I am sure that Minsk has proved itself as a worthy rival to Warsaw and Wroclaw (where the Championships were held in the recent years). In addition, this city has major advantages. Having the infrastructure, level of comfort and cosy architectural style that the Europeans are accustomed to; it provides its facilities that are much cheaper than in the European Union cities. Which this is very important for the players.
Thus, I think that the dream of the President of Belarus Alexander Lukashenko- to annually hold the major international championship in Minsk could be realized.
Visiting more than a hundred countries every year, I often go to Belarus. By the way, this time I with President Lukashenko agreed on the introduction of chess into the curriculum in a number of Belarusian schools. This country is not like the others. However, it is not because, as for some reason some consider in Russia, Belarus is forever stuck in the Soviet 80s.
On the contrary, the country is developing dynamically. I see the new positive changes every time I come here. Before the Minsk Championship, I had been to Italy and Greece and I can say that Belarus exceeds the quality of life of citizens of those countries without yielding to their level of the technological development. If I had to describe this advantage in one sentence, I would say that Belarussians are featured by their relaxed confidence in the future.

I do not want to say that the citizens of Belarus eat of gold plates and drive around in Lamborghinis. There, as in all countries with a market economy, are those who are rich and those who are poor. However, I could feel the care for the fellow human beings everywhere.
Something like that I felt in Libya, where I was shown the districts of the new buildings, which were made by the orders of Muammar Gaddafi for honeymooners. The newlyweds were given the local flats to be paid for in instalments on the concessional terms, thus the young families instantly get the solid foundation.
I do not know if there is such a practice in Belarus. But I know that they follow the right direction, which can be determined as taking care of the most important human right - the right to live.
Visiting the completely different countries from Libya and Afghanistan to Germany and the United States, I became convinced that actually this is the only right that really concerns people. Lukashenko and his team were able to implement the policy when the people see that they are really cared for.
And if people can enjoy that basic right, then it does not matter if they are governed by democracy or autocracy, capitalism or socialism or any other ‘ism’. There are its advantages and the bright sides in all systems and ideologies as well as in all religions. However, the right to live is the cornerstone and comprehensive law without which any system and ideology is not worth a penny.

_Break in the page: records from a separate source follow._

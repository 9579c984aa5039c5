-- ===== src/Controller/Advice.antt =====
-- src/controller/helpers.ts: the bounds of the evidence that a diagnosis is given.
use herdr_harness_lite.Controller.Diagnosis.{
  dedupe_evidence, unseen_evidence, take_evidence, references,
}
use herdr_harness_lite.Base.{
  String, List, includes, ℕ, ◌∷◌, length, In, arith, ◌≡◌, suc, ◌≤◌, [], Bool-cases, inl, ◌||◌,
  false, zero, refl, string_eq, inr,
}
use herdr_harness_lite.Model.Incident.{recovery_action_eq}
use herdr_harness_lite.Model.Evidence.{EvidenceItem}
use herdr_harness_lite.Base.Text.{is_blank}

-- No element stands twice.
abbrev pub Distinct : List String → Type 0
Distinct [] = Unit
Distinct (x ∷ xs) = (In x xs → ⊥) × Distinct xs

unseen-In :
    (seen : List String) (xs : List EvidenceItem) (x : EvidenceItem)
    → In x (unseen_evidence seen xs)
    → (includes seen x.reference ≡ false) × (is_blank x.reference ≡ false) × In x xs
unfolding unseen_evidence includes
unseen-In seen [] x m = absurd m
unseen-In seen (y ∷ ys) x m =
    ground (arith, unseen-In seen ys x, unseen-In (y.reference ∷ seen) ys x)

references-In :
    (r : String) (xs : List EvidenceItem)
    → In r (references xs)
    → (x : EvidenceItem) × In x xs × (r ≡ x.reference)
references-In r [] m = absurd m
references-In r (x ∷ xs) m = elim m [
  | inl e ↦ (x, inl refl, e)
  | inr n ↦ let (y, k, e) = references-In r xs n in (y, inr k, e)
]

unseen-Distinct :
    (seen : List String) (xs : List EvidenceItem) → Distinct (references (unseen_evidence seen xs))
unfolding unseen_evidence includes
unseen-Distinct seen [] = tt
unseen-Distinct seen (y ∷ ys) =
    elim (Bool-cases (is_blank y.reference || includes seen y.reference)) [
      | inl e ↦ rw e (unseen-Distinct seen ys)
      | inr e ↦ rw e (
        (λ m.
            let (x, k, same) =
              references-In y.reference (unseen_evidence (y.reference ∷ seen) ys) m in
            let fresh = (unseen-In (y.reference ∷ seen) ys x k).0 in ground arith),
        unseen-Distinct (y.reference ∷ seen) ys,
      )
    ]

take-In : (n : ℕ) (xs : List EvidenceItem) (x : EvidenceItem) → In x (take_evidence n xs) → In x xs
unfolding take_evidence
take-In zero xs x m = absurd m
take-In (suc n) [] x m = absurd m
take-In (suc n) (y ∷ ys) x m = elim m [ inl e ↦ inl e | inr k ↦ inr (take-In n ys x k) ]

references-In_take :
    (n : ℕ) (xs : List EvidenceItem) (r : String)
    → In r (references (take_evidence n xs))
    → In r (references xs)
unfolding take_evidence
references-In_take zero xs r m = absurd m
references-In_take (suc n) [] r m = absurd m
references-In_take (suc n) (y ∷ ys) r m = elim m [
  | inl e ↦ inl e
  | inr k ↦ inr (references-In_take n ys r k)
]

take-Distinct :
    (n : ℕ) (xs : List EvidenceItem)
    → Distinct (references xs)
    → Distinct (references (take_evidence n xs))
unfolding take_evidence
take-Distinct zero xs d = tt
take-Distinct (suc n) [] d = tt
take-Distinct (suc n) (y ∷ ys) d =
    ((λ m. d.0 (references-In_take n ys y.reference m)), take-Distinct n ys d.1)

length-take : (n : ℕ) (xs : List EvidenceItem) → length (take_evidence n xs) ≤ n
unfolding take_evidence
length-take zero xs = omega arith
length-take (suc n) [] = omega arith
length-take (suc n) (y ∷ ys) = ground (arith, length-take n ys)

-- Evidence that fits a pack: at most 32 items, with distinct references.
abbrev pub Fits : List EvidenceItem → Type 0
Fits items = (length items ≤ 32) × Distinct (references items)

-- Whatever the items, `dedupe_evidence` keeps at most 32 of them, no two with the same reference, and none
-- that was not given or that has a blank reference.
pub dedupe_evidence-Fits :
    (items : List EvidenceItem)
    → Fits (dedupe_evidence items)
      × ((x : EvidenceItem)
          → In x (dedupe_evidence items)
          → In x items × (is_blank x.reference ≡ false))
unfolding dedupe_evidence
dedupe_evidence-Fits items = (
  (
    length-take 32 (unseen_evidence [] items),
    take-Distinct 32 (unseen_evidence [] items) (unseen-Distinct [] items),
  ),
  λ x m.
      let (fresh, named, given) =
        unseen-In [] items x (take-In 32 (unseen_evidence [] items) x m) in
      (given, named),
)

In the recent years we have been greatly brainwashed by used out of the context the phrase of Winston Churchill: “Democ­racy is the worst form of gov­ern­ment, except for all those other forms that have been”. For some reason, everyone remembers this phrase, especially the second part and profoundly forgets the first one.
However, take a look at what has now become of the democracy? What happened to the maxim of Voltaire: "I do not agree with what you have to say, but I'll defend to the death your right to say?" Many people I spoke to in the democratic countries protest against the cultivated principles of sexual tolerance and multiculturalism, which brought the millions of illiterate, embittered refugees from the destroyed by the ‘humanitarian’ bombing of Middle Eastern and African countries to Europe.
Moreover, they do it like the Soviet dissidents in the '70s: in a low voice, with caution, after closing themselves in the kitchen. To speak openly is dangerous. No, they would not drag you to the bonfire but there surely would be problems with the career and business. And do not forget about the fate of Gaddafi and Milosevic who also did not particularly agree with the ‘democratic’ values.
Moreover, the story of the sanctions of the US Treasury against me is quite revealing. Don’t you think that is it very ‘democratic’ to put a man in a ‘black list’ only on the basis of the suspicions of the collaboration with other people without even bothering to figure out how justified these suspicions are!
Secondly, as we remember, the word democracy means ‘government of the people’, which means the rule of the majority, despite the fact, that most people are rarely able to make a reasonable and efficient decision.
Do not rush to be indignant: the billion people recently and hundreds of millions more will soon be celebrating the birthday of a man who was sentenced to a shameful and painful death by the large majority. He is known to everyone except for those who are still living in the primitive primeval societies. The name of that man was Jesus Christ.
And now we have come to the point when the representatives of the ‘democratic’ Turkey offer to negotiate with the bandits of ISIS who do not recognize any of democratic values and cut the heads off the dissents...
In reality, no right to have an opinion is above the right to live. It starts at the moment of the birth of a man and no one has the right to deprive it. However, the society should take care that this right is fully realized.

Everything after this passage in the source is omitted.